Oct 14, 2022 1:26:11 PM
Weekly Market Wrap 14/10/2022
US CPI came in higher than expectations this week, sparking a volatile trading day on Thursday as well as reinforcing the Fed’s view that a further large rate hike is required at the November meeting. The UK is set to reverse parts of its controversial mini budget after widespread criticism, whilst finance minister Kwasi Kwarteng has been sacked after just 38 days in the position. UK unemployment fell as the data issued a sharp warning for UK businesses. Eurozone inflation data gave mixed readings this week as the ECB looks set to deliver another significant interest rate increase.
The S&P 500 is currently ending the week down 0.99% at 3,669 and the NASDAQ is flat at 10,649. US CPI data released on Thursday came in slightly ahead of expectations at 8.2%, whilst the consensus estimated a figure of 8.1%. Despite showing a fall in the pace of inflation, the data caused US futures to fall heavily ahead of the open on Thursday, however US markets ended the day more than 2% higher, with the S&P 500 showing the fifth largest intraday reversal from a low. The higher than expected CPI print has caused markets to price in a fourth consecutive 75bps rate hike at the Federal Reserve’s next meeting in November.
The UK market ended the week lower. The UK government is considering scrapping large parts of the recent mini budget after large and seemingly unfunded tax cuts were openly criticised by a number of respected institutions and caused the pound to drop to an all-time low against the US dollar. Chancellor Kwasi Kwarteng cut short his trip to Washington in order to discuss a potential reversal of cuts, however, was sacked from the position immediately upon returning. Kwarteng became the second shortest-serving UK chancellor as the government continues to surround itself in controversy. UK stocks and the pound rallied on Friday upon hopes of a U-turn. Data released on Tuesday showed that UK unemployment fell to 3.5% in August, driven by a record number of people leaving the labour market due to long-term sickness, with many UK business left struggling to recruit new staff. UK CPI data will be released next week and is expected to show an increase back above 10%. An upside surprise could lead the Bank of England to deliver a very large interest rate increase in November.
The Euro Stoxx 50 is currently up 0.65% to 3,397, the DAX is up 1.47% at 12,453 whilst the CAC 40 gained 1.44%, reaching 5,951. The eurozone announced its largest trade deficit since 2015 in August, as high energy prices cause import costs to accelerate. In August the cost of exports increased by 24% YoY and was the tenth consecutive month of a negative balance. German wholesale prices rose 19.9% YoY in September, driven by higher costs for materials, whilst Spanish inflation came in below estimates at 9% YoY for September.
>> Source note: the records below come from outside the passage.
-- ===== src/Refs/Name/Prefix.antt =====
-- What `prefix` of src/refs/name.rs gives.
use bole.Base.{
  Bool, true, false, Option, none, some, [], ◌∷◌, ◌++◌, ◌≡◌, refl, ◌⊎◌, inl, inr, arith, ap, Bytes,
  bytes_eq, nat_eq, ◌==◌, eq_iff, contains, if◌then◌else◌,
}
use bole.Refs.Name.{slash, before_last, prefix}

abbrev PrefixOf : Bytes → Option Bytes → Type 0
PrefixOf s none = contains s slash ≡ false
PrefixOf s (some p) = (l : Bytes) × (s ≡ p ++ slash ∷ l) × (contains l slash ≡ false)

before_last-PrefixOf : (s : Bytes) → PrefixOf s (before_last s)
unfolding before_last
before_last-PrefixOf [] = refl
before_last-PrefixOf (c ∷ s) = extend (before_last s) (c == slash) refl (before_last-PrefixOf s)
  where
    extend :
        (o : Option Bytes) (b : Bool)
        → (c == slash) ≡ b
        → PrefixOf s o
        → PrefixOf (c ∷ s) (elim o [ some p ↦ some (c ∷ p) | none ↦ if b then some [] else none ])
    extend (some p) b e (l, h, n) = (l, ap (λ t. c ∷ t) h, n)
    extend none true e h = (s, ap (λ d. d ∷ s) ((eq_iff c slash).0 e), h)
    extend none false e h = ground (arith, h)

-- `prefix` is what stands before the last separator, or nothing where there is none.
pub prefix_cases :
    (s : Bytes)
    → ((l : Bytes) × (s ≡ prefix s ++ slash ∷ l) × (contains l slash ≡ false))
      ⊎ ((prefix s ≡ []) × (contains s slash ≡ false))
unfolding prefix
prefix_cases s = go (before_last s) (before_last-PrefixOf s)
  where
    go :
        (o : Option Bytes)
        → PrefixOf s o
        → ((l : Bytes) × (s ≡ (elim o [ some p ↦ p | none ↦ [] ]) ++ slash ∷ l)
            × (contains l slash ≡ false))
          ⊎ (((elim o [ some p ↦ p | none ↦ [] ]) ≡ []) × (contains s slash ≡ false))
    go (some p) h = inl h
    go none h = inr (refl, h)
Slovak central bank chief Peter Kazimir told investors that the ECB “won’t stop at the neutral rate” and insisted that another 75bps increase in October would be appropriate.
Yields on the US 10-Year were flat this week at 3.88%, despite higher than expected inflation data. UK 10-year yields fell back below 4% after reports that tax plans would be reversed.
Brent Crude fell by 4.53% this week to $93.50 per barrel, as fears of global recession pushed demand expectations lower, despite last week’s production cut.
The Week Ahead
Monday – China Trade Balance & Italy CPI
Tuesday – China GDP & Retail Sales
Wednesday – UK CPI & Canada CPI
Thursday – China Interest Rate Decision & US Jobless Claims
Friday – UK Retail Sales
*Price changes as of last week’s close unless stated otherwise.